Bhalla A, Grieve R, Tilling K, Rudd A G, Wolfe C D A
Department of Public Health Sciences, GKT School of Medicine, London, UK.
Age Ageing. 2004 Nov;33(6):618-24. doi: 10.1093/ageing/afh219.
in order to implement cost-effective stroke services for older patients, it is necessary to identify how stroke care is currently provided for these patients and how provision relates to outcome.
to estimate the structure and process of care, and identify independent factors associated with 3 month mortality and functional outcome in patients aged over 75 years compared with younger stroke patients across Europe.
13 hospitals in 10 European countries.
1,847 subjects with first in a lifetime stroke admitted to hospital. Sociodemographic details, acute case severity, resource use and 3-month survival and dependency were collected.
from a total of 1,847 patients, 1,112 patients (60%) were under 75 years. Older stroke patients were more likely to be incontinent, dysphasic, dysphagic and comatose (P < 0.001). Computed tomography scan rates were higher in younger (87%) than in older patients (79%) (P < 0.001). Access to organised stroke care was higher in older (58%) than in younger patients (51%) (P = 0.002). Median acute length of stay was longer in younger (14 days, range 7-21 days) than in older patients (11 days, range 8-22 days) (P = 0.04). Nursing time in hospital was higher in older patients (P = 0.01), whilst therapy time was higher in younger patients (P = 0.03). By 3 months, younger patients were more likely to receive outpatient care (P < 0.001), physiotherapy (P < 0.001) and occupational therapy (P < 0.001). For older stroke patients, not having a computed tomography scan (OR = 0.2, 95% confidence intervals (CI) = 0.01-0.6, P = 0.003) was significantly related to mortality at 3 months after adjusting for case mix. Access to organised stroke care was significantly associated with reduced 3-month mortality in younger patients only (OR = 0.29, 95% CI = 0.14-0.6, P < 0.001).
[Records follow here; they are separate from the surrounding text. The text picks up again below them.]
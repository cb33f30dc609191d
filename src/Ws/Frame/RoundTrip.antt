-- ===== src/Ws/Frame/RoundTrip.antt =====
-- parse_frame reads back what send_frame writes.
use vericonnect_agent.Common.{ok}
use vericonnect_agent.Prelude.Bits.{bit_xor_twice}
use vericonnect_agent.Prelude.Lists.{drop-add}
use vericonnect_agent.Prelude.{
  ℕ, suc, ◌+◌, ◌≤◌, ◌<◌, Bool, true, some, [], ◌∷◌, ◌++◌, ◌≡◌, refl, sym, ap, ◌∙◌, Bytes, ltb-false,
  length, take, drop, length-append, length-take, take-append-drop, take-append_left, subst,
  drop-append_left, append_assoc, arith,
}
use vericonnect_agent.Ws.Frame.Header.{HeaderRead, header-HeaderRead}
use vericonnect_agent.Ws.Frame.{xor_mask, header_bytes, read_payload, parse_frame, frame_bytes}
use vericonnect_agent.Ws.{k_max_msg}

pub xor_mask_twice : (mask : Bytes) (i : ℕ) (bs : Bytes) → xor_mask mask i (xor_mask mask i bs) ≡ bs
unfolding xor_mask
xor_mask_twice mask i [] = refl
xor_mask_twice mask i (b ∷ bs) = rw (bit_xor_twice, xor_mask_twice mask (i + 1) bs)

pub length-xor_mask : (mask : Bytes) (i : ℕ) (bs : Bytes) → length (xor_mask mask i bs) ≡ length bs
unfolding xor_mask
length-xor_mask mask i [] = refl
length-xor_mask mask i (b ∷ bs) = ap suc (length-xor_mask mask (i + 1) bs)

-- Masking in pieces is masking at once, with the index carried over.
pub xor_mask-append :
    (mask : Bytes) (i : ℕ) (xs ys : Bytes)
    → xor_mask mask i (xs ++ ys) ≡ xor_mask mask i xs ++ xor_mask mask (i + length xs) ys
unfolding xor_mask
xor_mask-append mask i [] ys = ap (λ k. xor_mask mask k ys) (omega arith)
xor_mask-append mask i (x ∷ xs) ys =
    let e : i + suc (length xs) ≡ i + 1 + length xs = omega arith in
    rw (e, xor_mask-append mask (i + 1) xs ys)

read_payload-written :
    (h mask data' rest : Bytes)
    → length mask ≡ 4
    → read_payload (h ++ (mask ++ (data' ++ rest))) true (length data') (length h)
      ≡ some (xor_mask mask 0 data', rest)
unfolding read_payload
read_payload-written h mask data' rest m = rw (
  ltb-false (length p) (length h + 4) (omega (arith, total)),
  ltb-false (length p) (length h + 4 + length data') (omega (arith, total)),
  drop-add (length h + 4) (length data') p,
  behind_mask,
  drop-append_left h (mask ++ (data' ++ rest)),
  mask_part,
  take-append_left data' rest,
  drop-append_left data' rest,
)
  where
    p : Bytes
    p = h ++ (mask ++ (data' ++ rest))

    total : length p ≡ length h + (4 + (length data' + length rest))
    total = omega (
      arith,
      length-append h (mask ++ (data' ++ rest)),
      length-append mask (data' ++ rest),
      length-append data' rest,
    )

    mask_part : take 4 (mask ++ (data' ++ rest)) ≡ mask
    mask_part = rw (sym m) (take-append_left mask (data' ++ rest))

    behind_mask : drop (length h + 4) p ≡ data' ++ rest
    behind_mask =
        drop-add (length h) 4 p
        ∙ ap (drop 4) (drop-append_left h (mask ++ (data' ++ rest)))
        ∙ rw (sym m) (drop-append_left mask (data' ++ rest))

frame_bytes-split :
    (op : ℕ) (fin : Bool) (mask payload rest : Bytes)
    → frame_bytes op fin mask payload ++ rest
      ≡ header_bytes op fin (length payload) ++ (mask ++ (xor_mask mask 0 payload ++ rest))
unfolding frame_bytes
frame_bytes-split op fin mask payload rest = simp append_assoc

-- parse_frame gives back the opcode, the final flag and the unmasked payload of any frame that
-- send_frame writes, and leaves exactly the bytes behind it: for an opcode of four bits, a mask
-- of four bytes and a payload within the size cap.
pub parse_frame-frame_bytes :
    (op : ℕ) (fin : Bool) (mask payload rest : Bytes)
    → op < 16
    → length mask ≡ 4
    → length payload ≤ k_max_msg
    → parse_frame (frame_bytes op fin mask payload ++ rest)
      ≡ ok (some (record { opcode = op; fin = fin; payload = payload }, rest))
parse_frame-frame_bytes op fin mask payload rest ho hm hp =
    rw (frame_bytes-split op fin mask payload rest) parsed
  where
    masked : Bytes
    masked = xor_mask mask 0 payload

    tail : Bytes
    tail = mask ++ (masked ++ rest)

    read :
        HeaderRead true fin op
          (length payload)
          (length (header_bytes op fin (length payload)))
          (header_bytes op fin (length payload) ++ tail)
    read = header-HeaderRead fin op (length payload) tail ho (omega arith)

    body :
        read_payload
          (header_bytes op fin (length payload) ++ tail)
          true
          (length payload)
          (length (header_bytes op fin (length payload)))
        ≡ some (payload, rest)
    body =
        subst
          (λ n.
            read_payload (header_bytes op fin (length payload) ++ tail) true n
              (length (header_bytes op fin (length payload)))
            ≡ some (payload, rest))
          (length-xor_mask mask 0 payload)
          (read_payload-written (header_bytes op fin (length payload)) mask masked rest hm
            ∙ ap (λ bs. some (bs, rest)) (xor_mask_twice mask 0 payload))

    parsed :
        parse_frame (header_bytes op fin (length payload) ++ tail)
        ≡ ok (some (record { opcode = op; fin = fin; payload = payload }, rest))
    parsed =
        unfold parse_frame in
        ground (arith, read.enough, read.fin_flag, read.opcode, read.masked, read.length_read, body)

pub xor_mask_cut :
    (mask : Bytes) (i k : ℕ) (l : Bytes)
    → k ≤ length l
    → xor_mask mask i (take k l) ++ xor_mask mask (i + k) (drop k l) ≡ xor_mask mask i l
xor_mask_cut mask i k l h =
    let size : length (take k l) ≡ k = omega (arith, length-take k l) in
    ap (λ m. xor_mask mask i (take k l) ++ xor_mask mask (i + m) (drop k l)) (sym size)
    ∙ sym (xor_mask-append mask i (take k l) (drop k l))
    ∙ ap (xor_mask mask i) (take-append-drop k l)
stroke care varies considerably across European centres, with older people more likely to gain access to organised stroke care in many centres but less likely to receive diagnostic investigations, therapy input and outpatient review. Where there is evidence of age discrimination for access to stroke services, guidelines need to be adopted to ensure patients of all ages receive optimal evidence-based stroke care at all stages of their illness.
为了给老年患者提供具有成本效益的中风服务,有必要确定目前如何为这些患者提供中风护理,以及护理提供情况与治疗结果之间的关系。
评估护理的结构和过程,并确定与欧洲75岁以上中风患者相比,年轻中风患者3个月死亡率和功能结局相关的独立因素。
欧洲10个国家的13家医院。
1847例首次发生中风并入院的患者。收集了社会人口统计学细节、急性病例严重程度、资源使用情况以及3个月生存率和依赖性。
在总共1847例患者中,1112例患者(60%)年龄在75岁以下。老年中风患者更易出现大小便失禁、言语障碍、吞咽困难和昏迷(P<0.001)。年轻患者的计算机断层扫描率(87%)高于老年患者(79%)(P<0.001)。老年患者(58%)获得有组织中风护理的比例高于年轻患者(51%)(P=0.002)。年轻患者的急性住院中位时长(14天,范围7-21天)长于老年患者(11天,范围8-22天)(P=0.04)。老年患者的住院护理时间更长(P=0.01),而年轻患者的治疗时间更长(P=0.03)。到3个月时,年轻患者更有可能接受门诊护理(P<0.001)、物理治疗(P<0.001)和职业治疗(P<0.001)。对于老年中风患者,在对病例组合进行调整后,未进行计算机断层扫描(比值比=0.2,95%置信区间=0.01-0.6,P=0.003)与3个月死亡率显著相关。仅在年轻患者中,获得有组织中风护理与3个月死亡率降低显著相关(比值比=0.29,95%置信区间=0.14-0.6,P<0.001)。
欧洲各中心的中风护理差异很大,在许多中心,老年人更有可能获得有组织的中风护理,但接受诊断检查、治疗投入和门诊复查的可能性较小。在存在中风服务获取方面年龄歧视证据的地方,需要采用指南以确保所有年龄段的患者在疾病的各个阶段都能获得最佳的循证中风护理。